FIG. 2 is a schematic view of a linear predictor equalizer.
FIG. 3(a)-3(d) are graphs of time domain and corresponding frequency domain
results from operation of the method of the present invention.
FIG. 4 is a schematic diagram showing the steps in the removal of the
sampling artifacts from data.
FIG. 5 is a schematic diagram of an adaptive FIR filter of the invention.
FIG. 6 is an impulse response of an equalization filter using system and
method of the present invention.
FIG. 7 is a parallel implementation of the filter of the present invention.
FIG. 8 is a two stage multi rate implementation of the filter of the
present invention.
FIG. 9 is a schematic diagram of a three stage multi rate implementation of
the filter of the present invention.
FIG. 10 is a graph of the band-limited loudspeaker/room response for which
equalization is to be adapted using the system and method of the present
invention.
FIG. 11 is a graph showing the impulse response of a 320 coefficient
Equalization filter adapted using a conventional LMS approach.
FIG. 12 is a graph showing frequency response of the filter whose time
response is shown in FIG. 11.
FIG. 13 is a graph of the impulse response of a 320 coefficient
Equalization filter using the system and method of the present invention.
FIG. 14 is a graph of the frequency response of the filter whose time
response is shown in FIG. 13.
FIG. 15 is a flow chart for the method of the present invention performing
half band processing.
FIG. 16 is a schematic diagram of the components of the present invention.
DETAILED DESCRIPTION OF THE PREFERRED EMBODIMENTS
The basic principle set forth in the description that follows is the
segmentation of an adaptive filter in both the time and frequency domains
for the purpose of controlling the resolution of the resulting filter.
This is accomplished by sequentially adapting portions of the final filter
to data at different sampling rates, and using interpolation techniques to
make the transition between different rates.

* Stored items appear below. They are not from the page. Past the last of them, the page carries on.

-- ===== src/LoadBalancer/Moves/Balance.antt =====
-- mini_rtos/src/load_balancer.c: what the operations do to the numbers of tasks.
use self_mini_os.Common.{
  ℕ, zero, suc, ◌+◌, ◌/◌, ◌%◌, ◌<◌, ◌≤◌, ◌≡◌, ◌≢◌, refl, ◌∙◌, ◌⊎◌, inl, inr, Bool, true, false, not,
  Option, none, some, List, [], ◌∷◌, length, get_elem?, set, take, ltb, ◌==◌, if◌then◌else◌, arith,
  Bool-cases, add32, sub32, u32_mod, ◌>>=◌, length-set, get_elem?-lt, get_elem?-set_ne, length-take,
}
use self_mini_os.LoadBalancer.{
  TaskRequirements, target_core, balance_task, count_up, CoreMetrics, LbState, thermal_threshold,
  in_use, scan,
}
use self_mini_os.LoadBalancer.Moves.{
  move_tasks, move_share, find_cool, pressure_beside, handle_thermal_event, handle_memory_pressure,
}
use self_mini_os.LoadBalancer.Choice.{scan-Picks}

-- the tasks of all the cores
abbrev pub tasks : List CoreMetrics → ℕ
tasks [] = 0
tasks (m ∷ ms) = m.task_count + tasks ms

pub tasks-set :
    (xs : List CoreMetrics) (i : ℕ) (m m' : CoreMetrics)
    → get_elem? xs i ≡ some m
    → tasks (set xs i m') + m.task_count ≡ tasks xs + m'.task_count
tasks-set [] i m m' e = cc e
tasks-set (x ∷ xs) zero m m' e = let same : x ≡ m = cc e in rw same (omega arith)
tasks-set (x ∷ xs) (suc i) m m' e = omega (arith, tasks-set xs i m m' e)

-- the cores stay, and so does the number of tasks, in a word of 32 bits
pub record Keeps (cores cores' : List CoreMetrics) (n : ℕ) : Type 0 where
  pub same_cores : length cores' ≡ length cores
  pub same_tasks : tasks cores' % u32_mod ≡ (tasks cores + n) % u32_mod

pub move_tasks-Keeps :
    (cores : List CoreMetrics) (src dst n : ℕ) (m : CoreMetrics)
    → get_elem? cores src ≡ some m
    → dst < length cores
    → src ≢ dst
    → n ≤ m.task_count + u32_mod
    → (cores' : List CoreMetrics) × (move_tasks cores src dst n ≡ some cores')
      × Keeps cores cores' 0
unfolding move_tasks
move_tasks-Keeps cores src dst n m at low ne small =
    let m1 : CoreMetrics = record m { task_count = sub32 m.task_count n } in
    let cores1 = set cores src m1 in
    let (x, at') = get_elem?-lt cores dst low in
    let at1 : get_elem? cores1 dst ≡ some x = get_elem?-set_ne cores m1 ne ∙ at' in
    let x1 : CoreMetrics = record x { task_count = add32 x.task_count n } in
    (
      set cores1 dst x1,
      rw (at, ◌>>=◌, at1) refl,
      record {
        same_cores = length-set cores1 dst x1 ∙ length-set cores src m1;
        same_tasks = omega (arith, tasks-set cores src m m1 at, tasks-set cores1 dst x x1 at1);
      },
    )

pub get_elem?-bound :
    (xs : List CoreMetrics) (i : ℕ) (m : CoreMetrics) → get_elem? xs i ≡ some m → i < length xs
get_elem?-bound [] i m e = cc e
get_elem?-bound (x ∷ xs) zero m e = omega arith
get_elem?-bound (x ∷ xs) (suc i) m e = omega (arith, get_elem?-bound xs i m e)

find_cool-bound :
    (core_id : ℕ) (xs : List CoreMetrics) (i : ℕ)
    → (find_cool core_id xs i ≡ none)
      ⊎ ((r : ℕ) × (find_cool core_id xs i ≡ some r) × (core_id ≢ r) × (r < i + length xs))
unfolding find_cool
find_cool-bound core_id [] i = inl refl
find_cool-bound core_id (m ∷ ms) i =
    let rest : (find_cool core_id ms (suc i) ≡ none)
        ⊎ ((r : ℕ) × (find_cool core_id ms (suc i) ≡ some r)
            × (core_id ≢ r)
            × (r < i + suc (length ms))) =
      elim (find_cool-bound core_id ms (suc i)) [
        | inl e ↦ inl e
        | inr (r, e, ne, low) ↦ inr (r, e, ne, omega arith)
      ] in
    elim (Bool-cases (i == core_id)) [
      | inl e ↦ rw (e, find_cool) rest
      | inr e ↦ elim (Bool-cases (ltb m.temperature thermal_threshold)) [
        | inl cool ↦ rw (e, cool, find_cool) (inr (i, refl, ground arith, omega arith))
        | inr hot ↦ rw (e, hot, find_cool) rest
      ]
    ]

move_share-Keeps :
    (s : LbState) (core_id share : ℕ) (found : Option ℕ)
    → ((n : ℕ) → n / share ≤ n)
    → core_id < length s.core_metrics
    → (found ≡ none) ⊎ ((r : ℕ) × (found ≡ some r) × (core_id ≢ r) × (r < length s.core_metrics))
    → (s' : LbState) × (move_share s core_id share found ≡ some s')
      × Keeps s.core_metrics s'.core_metrics 0
unfolding move_share
move_share-Keeps s core_id share found part low (inl e) =
    rw e (s, refl, record { same_cores = refl; same_tasks = omega arith })
move_share-Keeps s core_id share found part low (inr (r, e, ne, low')) =
    let (m, at) = get_elem?-lt s.core_metrics core_id low in
    let n = m.task_count / share in
    let (cores, run, h) =
      move_tasks-Keeps s.core_metrics core_id r n m at low' ne (omega (arith, part m.task_count)) in
    rw (e, move_share) (record s { core_metrics = cores }, rw (at, ◌>>=◌, run) refl, h)

if_not : {A : Type 0} (b : Bool) (x y : A) → b ≡ true → (if not b then x else y) ≡ y
if_not b x y e = rw e refl

if_not_off : {A : Type 0} (b : Bool) (x y : A) → b ≡ false → (if not b then x else y) ≡ x
if_not_off b x y e = rw e refl

-- the cores of the loops
pub in_use-some :
    (s : LbState)
    → s.active_cores ≤ length s.core_metrics
    → in_use s ≡ some (take s.active_cores s.core_metrics)
unfolding in_use
in_use-some s h = ground arith

pub handle_thermal_event-Keeps :
    (s : LbState) (core_id temperature : ℕ)
    → s.active_cores ≤ length s.core_metrics
    → core_id < length s.core_metrics
    → (s' : LbState) × (handle_thermal_event s core_id temperature ≡ some s')
      × Keeps s.core_metrics s'.core_metrics 0
unfolding handle_thermal_event
handle_thermal_event-Keeps s core_id temperature h low =
    elim (Bool-cases s.config.thermal_throttling) [
      | inr off ↦ (s, if_not_off _ _ _ off, record { same_cores = refl; same_tasks = omega arith })
      | inl on ↦
          let (m, at) = get_elem?-lt s.core_metrics core_id low in
          let cores = take s.active_cores s.core_metrics in
          let bound = length-take s.active_cores s.core_metrics in
          let (s', run, k) =
            move_share-Keeps s core_id 2 (find_cool core_id cores 0) (λ n. omega arith) low
              (elim (find_cool-bound core_id cores 0) [
                | inl e ↦ inl e
                | inr (r, e, ne, lt) ↦ inr (r, e, ne, omega arith)
              ]) in
          (s', if_not _ _ _ on ∙ rw (at, ◌>>=◌, in_use-some s h, ◌>>=◌) run, k)
    ]

pressure-bound :
    (core_id pressure : ℕ) (xs : List CoreMetrics)
    → (scan (pressure_beside core_id) xs 0 core_id pressure ≡ core_id)
      ⊎ (scan (pressure_beside core_id) xs 0 core_id pressure < length xs)
pressure-bound core_id pressure xs =
    elim (scan-Picks (pressure_beside core_id) xs core_id pressure) [
      | inl (all, e) ↦ inl e
      | inr (m, v, lt, h) ↦ inr (get_elem?-bound xs _ m h.here)
    ]

pub handle_memory_pressure-Keeps :
    (s : LbState) (core_id pressure : ℕ)
    → s.active_cores ≤ length s.core_metrics
    → core_id < length s.core_metrics
    → (s' : LbState) × (handle_memory_pressure s core_id pressure ≡ some s')
      × Keeps s.core_metrics s'.core_metrics 0
unfolding handle_memory_pressure
handle_memory_pressure-Keeps s core_id pressure h low =
    let cores = take s.active_cores s.core_metrics in
    let bound = length-take s.active_cores s.core_metrics in
    let best = scan (pressure_beside core_id) cores 0 core_id pressure in
    elim (Bool-cases (best == core_id)) [
      | inl e ↦ (
        s,
        rw (in_use-some s h, ◌>>=◌, e) refl,
        record { same_cores = refl; same_tasks = omega arith },
      )
      | inr e ↦
          let (s', run, k) =
            move_share-Keeps s core_id 4 (some best) (λ n. omega arith) low
              (inr (
                best,
                refl,
                ground arith,
                elim (pressure-bound core_id pressure cores) [
                  | inl same ↦ absurd (ground arith)
                  | inr lt ↦ omega arith
                ],
              )) in
          (s', rw (in_use-some s h, ◌>>=◌, e) run, k)
    ]

-- a task for a core that the policy has chosen
pub balance_task-Keeps :
    (s : LbState) (task : TaskRequirements) (core next : ℕ)
    → target_core s.config.policy s task ≡ some (core, next)
    → core < length s.core_metrics
    → (s' : LbState) × (balance_task s task ≡ some (core, s'))
      × Keeps s.core_metrics s'.core_metrics 1
unfolding balance_task
balance_task-Keeps s task core next run low =
    let (m, at) = get_elem?-lt s.core_metrics core low in
    let m' : CoreMetrics = record m {
      task_count = add32 m.task_count 1;
      cpu_usage = add32 m.cpu_usage task.cpu_requirement;
    } in
    (
      record s {
        core_metrics = set s.core_metrics core m';
        stats = record s.stats { balanced_tasks = count_up s.stats.balanced_tasks };
        next_core = next;
      },
      rw (run, ◌>>=◌, at) refl,
      record {
        same_cores = length-set s.core_metrics core m';
        same_tasks = omega (arith, tasks-set s.core_metrics core m m' at);
      },
    )
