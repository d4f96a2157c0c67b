-- ===== src/LoadBalancer/Moves/Idle.antt =====
-- mini_rtos/src/load_balancer.c: `lb_init`, and `lb_balance_task` with no core in use.
use self_mini_os.Common.{
  ℕ, ◌<◌, ◌≡◌, ◌∙◌, refl, sym, ap, ◌⊎◌, inl, inr, Bool, true, false, Option, none, some, length,
  if◌then◌else◌, arith, u32_max, ◌>>=◌,
}
use mathlib.Core.Path.{subst}
use self_mini_os.LoadBalancer.{
  lb_init, LbConfig, no_stats, LbPolicy, round_robin, least_loaded, priority_aware, memory_affinity,
  thermal_aware, hybrid, unknown, CoreMetrics, TaskRequirements, LbState, in_use, scan, target_core,
  balance_task, misses, coolness, task_load,
}
use self_mini_os.LoadBalancer.Moves.Balance.{in_use-some, Keeps, balance_task-Keeps}

if_true : {A : Type 0} (b : Bool) (x y : A) → b ≡ true → (if b then x else y) ≡ x
if_true b x y e = rw e refl

-- the loops over no core
idle :
    (value : ℕ → CoreMetrics → Option ℕ) (s : LbState)
    → s.active_cores ≡ 0
    → ◌>>=◌ {B = ℕ × ℕ} (in_use s) (λ cores. some (scan value cores 0 0 u32_max, s.next_core))
      ≡ some (0, s.next_core)
unfolding scan
idle value s none_used = rw (in_use-some s (omega arith), ◌>>=◌, none_used) refl

pub target_core-idle :
    (policy : LbPolicy) (s : LbState) (task : TaskRequirements)
    → s.active_cores ≡ 0
    → ((policy ≡ round_robin) × (target_core policy s task ≡ none))
      ⊎ (target_core policy s task ≡ some (0, s.next_core))
unfolding target_core
target_core-idle round_robin s task e = inl (refl, rw e refl)
target_core-idle unknown s task e = inr refl
target_core-idle memory_affinity s task e = inr (idle misses s e)
target_core-idle thermal_aware s task e = inr (idle coolness s e)
target_core-idle least_loaded s task e = inr (idle (task_load task) s e)
target_core-idle priority_aware s task e = inr (idle (task_load task) s e)
target_core-idle hybrid s task e = inr (idle (task_load task) s e)

-- what `lb_balance_task` does with no core in use: by the round robin policy it divides by zero, and by any
-- other it gives the task to core 0, with one task more in all
abbrev pub IdleChoice : LbPolicy → LbState → Option (ℕ × LbState) → Type 0
IdleChoice round_robin s r = r ≡ none
IdleChoice _ s r = (s' : LbState) × (r ≡ some (0, s')) × Keeps s.core_metrics s'.core_metrics 1

balance_task-IdleChoice :
    (policy : LbPolicy) (s : LbState) (task : TaskRequirements)
    → s.config.policy ≡ policy
    → s.active_cores ≡ 0
    → 0 < length s.core_metrics
    → IdleChoice policy s (balance_task s task)
unfolding balance_task target_core
balance_task-IdleChoice round_robin s task e none_used some_core = rw (e, none_used, ◌>>=◌) refl
balance_task-IdleChoice unknown s task e none_used some_core =
    balance_task-Keeps s task 0 s.next_core (ap (λ p. target_core p s task) e) some_core
balance_task-IdleChoice memory_affinity s task e none_used some_core =
    balance_task-Keeps s task 0 s.next_core
      (ap (λ p. target_core p s task) e ∙ idle misses s none_used) some_core
balance_task-IdleChoice thermal_aware s task e none_used some_core =
    balance_task-Keeps s task 0 s.next_core
      (ap (λ p. target_core p s task) e ∙ idle coolness s none_used) some_core
balance_task-IdleChoice least_loaded s task e none_used some_core =
    balance_task-Keeps s task 0 s.next_core
      (ap (λ p. target_core p s task) e ∙ idle (task_load task) s none_used) some_core
balance_task-IdleChoice priority_aware s task e none_used some_core =
    balance_task-Keeps s task 0 s.next_core
      (ap (λ p. target_core p s task) e ∙ idle (task_load task) s none_used) some_core
balance_task-IdleChoice hybrid s task e none_used some_core =
    balance_task-Keeps s task 0 s.next_core
      (ap (λ p. target_core p s task) e ∙ idle (task_load task) s none_used) some_core

lb_init-fresh :
    (s : LbState) (config : LbConfig)
    → s.initialized ≡ false
    → (lb_init s config).1 ≡ record s {
      initialized = true;
      config = config;
      stats = no_stats;
      active_cores = 0;
      total_load = 0;
    }
unfolding lb_init
lb_init-fresh s config fresh = rw fresh refl

lb_init-twice :
    (s : LbState) (config : LbConfig) → s.initialized ≡ true → lb_init s config ≡ (false, s)
unfolding lb_init
lb_init-twice s config used = if_true s.initialized _ _ used

-- The first lb_init leaves no core in use. A call of lb_balance_task, with at least one core in the table,
-- then divides by zero by the round robin policy, and by any other gives the task to core 0, and the
-- tasks of all the cores, as a word of 32 bits, become one more. A second lb_init returns false and
-- changes nothing.
pub lb_init_lem :
    (s : LbState) (config other : LbConfig) (task : TaskRequirements)
    → s.initialized ≡ false
    → 0 < length s.core_metrics
    → let s1 = (lb_init s config).1 in
      (s1.active_cores ≡ 0)
      × (lb_init s1 other ≡ (false, s1))
      × IdleChoice config.policy s1 (balance_task s1 task)
lb_init_lem s config other task fresh some_core =
    let begun = lb_init-fresh s config fresh in
    (
      ap (λ z. z.active_cores) begun,
      lb_init-twice (lb_init s config).1 other (ap (λ z. z.initialized) begun),
      balance_task-IdleChoice config.policy (lb_init s config).1 task
          (ap (λ z. z.config.policy) begun) (ap (λ z. z.active_cores) begun)
          (subst (λ cores. 0 < length cores) (sym (ap (λ z. z.core_metrics) begun)) some_core),
    )
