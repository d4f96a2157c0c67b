-- ===== src/LoadBalancer/Moves/Conserved.antt =====
-- mini_rtos/src/load_balancer.c: a task is assigned to one core in use, and moves lose no task.
use self_mini_os.Common.{
  ℕ, ◌<◌, ◌≤◌, ◌≡◌, refl, inl, inr, Bool, true, false, some, length, leb, ◌==◌, arith, Bool-cases,
  ◌>>=◌, get_elem?-lt,
}
use self_mini_os.LoadBalancer.{LbState, count_up, thermal_threshold}
use self_mini_os.LoadBalancer.Moves.{handle_thermal_event, handle_memory_pressure, migrate_task}
use self_mini_os.LoadBalancer.Moves.Balance.{
  Keeps, move_tasks-Keeps, handle_thermal_event-Keeps, handle_memory_pressure-Keeps,
}

migrate_task-Keeps :
    (s : LbState) (task_id src dst : ℕ)
    → src < length s.core_metrics
    → dst < length s.core_metrics
    → (done : Bool) × (s' : LbState) × (migrate_task s task_id src dst ≡ some (done, s'))
      × Keeps s.core_metrics s'.core_metrics 0
unfolding migrate_task
migrate_task-Keeps s task_id src dst low low' =
    let same : Keeps s.core_metrics s.core_metrics 0 = record {
      same_cores = refl;
      same_tasks = omega arith;
    } in
    let (m, at) = get_elem?-lt s.core_metrics src low in
    let (x, at') = get_elem?-lt s.core_metrics dst low' in
    elim (Bool-cases (src == dst)) [
      | inl e ↦ (false, s, rw e refl, same)
      | inr e ↦ elim (Bool-cases (leb thermal_threshold x.temperature)) [
        | inl hot ↦ (
          false,
          record s {
            stats = record s.stats { failed_balancing = count_up s.stats.failed_balancing };
          },
          rw (e, at', ◌>>=◌, hot) refl,
          same,
        )
        | inr cool ↦
            let (cores, run, h) =
              move_tasks-Keeps s.core_metrics src dst 1 m at low' (ground arith) (omega arith) in
            (
              true,
              record s {
                core_metrics = cores;
                stats = record s.stats { total_migrations = count_up s.stats.total_migrations };
              },
              rw (e, at', ◌>>=◌, cool, run) refl,
              h,
            )
      ]
    ]

-- On cores within the table, lb_migrate_task, lb_handle_thermal_event and lb_handle_memory_pressure stay
-- inside the table of cores, whatever the metrics say, and the tasks of all the cores, as a word of 32
-- bits, are as many as before.
pub moves_lem :
    (s : LbState) (task_id src dst value : ℕ)
    → s.active_cores ≤ length s.core_metrics
    → src < length s.core_metrics
    → dst < length s.core_metrics
    → ((done : Bool) × (s' : LbState) × (migrate_task s task_id src dst ≡ some (done, s'))
        × Keeps s.core_metrics s'.core_metrics 0)
      × ((s' : LbState) × (handle_thermal_event s src value ≡ some s')
          × Keeps s.core_metrics s'.core_metrics 0)
      × ((s' : LbState) × (handle_memory_pressure s src value ≡ some s')
          × Keeps s.core_metrics s'.core_metrics 0)
moves_lem s task_id src dst value fit low low' = (
  migrate_task-Keeps s task_id src dst low low',
  handle_thermal_event-Keeps s src value fit low,
  handle_memory_pressure-Keeps s src value fit low,
)
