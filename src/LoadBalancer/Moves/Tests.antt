-- ===== src/LoadBalancer/Moves/Tests.antt =====
-- The load balancer of mini_rtos/src/load_balancer.c with three cores: the first one is hot, and the last
-- one has less to do than the second.
use self_mini_os.Common.{ℕ, ◌≡◌, refl, Bool, true, false, some, [], ◌∷◌, List, arith, u32_max}
use self_mini_os.LoadBalancer.{
  least_loaded, CoreMetrics, TaskRequirements, LbConfig, LbState, no_stats, scan, task_load,
  find_best_core, calculate_core_load, balance_task, lb_init,
}
use self_mini_os.LoadBalancer.Choice.{Picks, scan-Picks}
use self_mini_os.LoadBalancer.Moves.{migrate_task, handle_thermal_event, handle_memory_pressure}
use self_mini_os.LoadBalancer.Moves.Balance.{Keeps}
use self_mini_os.LoadBalancer.Moves.Conserved.{moves_lem}
use self_mini_os.LoadBalancer.Moves.Idle.{IdleChoice, lb_init_lem}

abbrev core : ℕ → ℕ → ℕ → CoreMetrics
core usage count heat = record {
  cpu_usage = usage;
  task_count = count;
  memory_pressure = 10;
  cache_misses = 0;
  temperature = heat;
  power_consumption = 0;
}

abbrev three_cores : List CoreMetrics
three_cores = core 5 4 90 ∷ core 60 6 50 ∷ core 40 2 50 ∷ []

abbrev by_load : LbConfig
by_load = record {
  policy = least_loaded;
  update_interval = 10;
  migration_threshold = 20;
  max_migrations = 4;
  thermal_throttling = true;
  dynamic_policy = false;
}

abbrev busy : LbState
busy = record {
  initialized = true;
  config = by_load;
  core_metrics = three_cores;
  stats = no_stats;
  active_cores = 3;
  total_load = 0;
  next_core = 0;
}

abbrev new_task : TaskRequirements
new_task = record {
  priority = 0;
  cpu_requirement = 7;
  memory_requirement = 0;
  deadline = 0;
  realtime = false;
  affinity_mask = 7;
}

find_best_core_runs : find_best_core new_task three_cores ≡ 2
unfolding find_best_core scan task_load calculate_core_load
find_best_core_runs = refl

-- a task that may run on the first core only gets it though it is hot, and so does one that may run on
-- no core
affinity_is_lost : find_best_core (record new_task { affinity_mask = 0 }) three_cores ≡ 0
unfolding find_best_core scan task_load calculate_core_load
affinity_is_lost = refl

scan-Picks_example :
    Picks
      (task_load new_task)
      three_cores
      0
      u32_max
      (scan (task_load new_task) three_cores 0 0 u32_max)
scan-Picks_example = scan-Picks (task_load new_task) three_cores 0 u32_max

moves_lem_example :
    ((done : Bool) × (s' : LbState) × (migrate_task busy 9 0 1 ≡ some (done, s'))
      × Keeps three_cores s'.core_metrics 0)
    × ((s' : LbState) × (handle_thermal_event busy 0 90 ≡ some s')
        × Keeps three_cores s'.core_metrics 0)
    × ((s' : LbState) × (handle_memory_pressure busy 0 90 ≡ some s')
        × Keeps three_cores s'.core_metrics 0)
moves_lem_example = moves_lem busy 9 0 1 90 (omega arith) (omega arith) (omega arith)

abbrev unused : LbState
unused = record busy { initialized = false }

lb_init_lem_example :
    let s1 = (lb_init unused by_load).1 in
    (s1.active_cores ≡ 0)
    × (lb_init s1 by_load ≡ (false, s1))
    × IdleChoice least_loaded s1 (balance_task s1 new_task)
lb_init_lem_example = lb_init_lem unused by_load by_load new_task refl (omega arith)
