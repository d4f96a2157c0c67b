-- ===== src/Semaphore.antt =====
-- The counting semaphores that mini_rtos/src/multiqueue.c calls (semaphore_create, semaphore_wait,
-- semaphore_post, semaphore_reset). No file of the repository defines them, so they are an
-- interface: the operations, the count that a semaphore stands for, and what each call does to it.
use self_mini_os.Common.{ℕ, ◌+◌, ◌<◌, ◌≡◌, Bool, true, false}

pub record Semaphores (Sem : Type 0) : Type 0 where
  pub create : ℕ → Sem
  -- the second argument is the timeout in milliseconds; the result is whether a unit was taken
  pub wait : Sem → ℕ → Bool × Sem
  pub post : Sem → Sem
  pub reset : Sem → ℕ → Sem
  pub value : Sem → ℕ
  pub value-create : (n : ℕ) → value (create n) ≡ n
  pub value-post : (s : Sem) → value (post s) ≡ value s + 1
  pub value-reset : (s : Sem) (n : ℕ) → value (reset s n) ≡ n
  -- a wait that succeeds takes one unit, a wait that times out takes none
  pub value-wait_true : (s : Sem) (t : ℕ) → (wait s t).0 ≡ true → value (wait s t).1 + 1 ≡ value s
  pub value-wait_false : (s : Sem) (t : ℕ) → (wait s t).0 ≡ false → value (wait s t).1 ≡ value s
  -- a unit that is there is taken at once
  pub wait_pos : (s : Sem) (t : ℕ) → 0 < value s → (wait s t).0 ≡ true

The method is meant to be
applied where adaptive filtering techniques are used to design
time-invariant filters from measured data, such as equalizers.
For purposes of illustration, the system and method of the present
invention will be described in an embodiment using the LMS adaptive
algorithm in a predictive equalization filter configuration. Those skilled
in the art will recognize that the technique can be applied to other
filter configurations and adaptive algorithms in a straightforward
extensions of the basic principles involved. The method as described
requires several operations to be performed sequentially, but except for
the sampling of signals, they need not be performed in real time. In the
preferred embodiment, half-band decimation and interpolation are used when
discussing sampling rate conversions, since these lend themselves well to
producing the quasi-constant-Q resolution desired. However, any other
integer or non-integer ratio can be equally applicable, and is not meant
to be excluded from other embodiments.
Referring now to FIG. 16, the embodiment of the hardware used to implement
the adaptive filter and method of the present invention will now be
described. A ROM or RAM 52 is used for storing test signals and is down
loaded from a host computer (not shown). A signal RAM 56 is used for
storing signals during processing and a suitable RAM would be the Motorola
MCM 6164. A clock 58 operates at a frequency which is a multiple of the
desired system sampling frequencies and a program divider 60 generates
various sampling frequencies from the clock 58. A digital signal
processing microcomputer 62 controls the operation of the system of the
present invention by executing various signal processing operations,
control and input output functions. Example of a suitable digital signal
processor is the Motorola DSP 56001. Secondary digital signal processors
64 operate in parallel to provide the necessary computational power and a
suitable processor would be the Motorola DSP 56200. A Sigma-Delta type
analog digital converter 66 operates at various sampling frequencies and
an antiliasing filter and sample and hold circuit are an inherent part of
the Sigma-Delta design and a suitable device can be obtained from Motorola
under the designation 56ADC16. A digital to analog conversion system 68
includes a digital interpolation filter such as the Philips NPC5803 and
the Analog Devices AD1864. A Bessel type low pass filter 70 is used to
remove the high frequency components from the output signal. An optional
interface 54 to the host computer 62 may also be used.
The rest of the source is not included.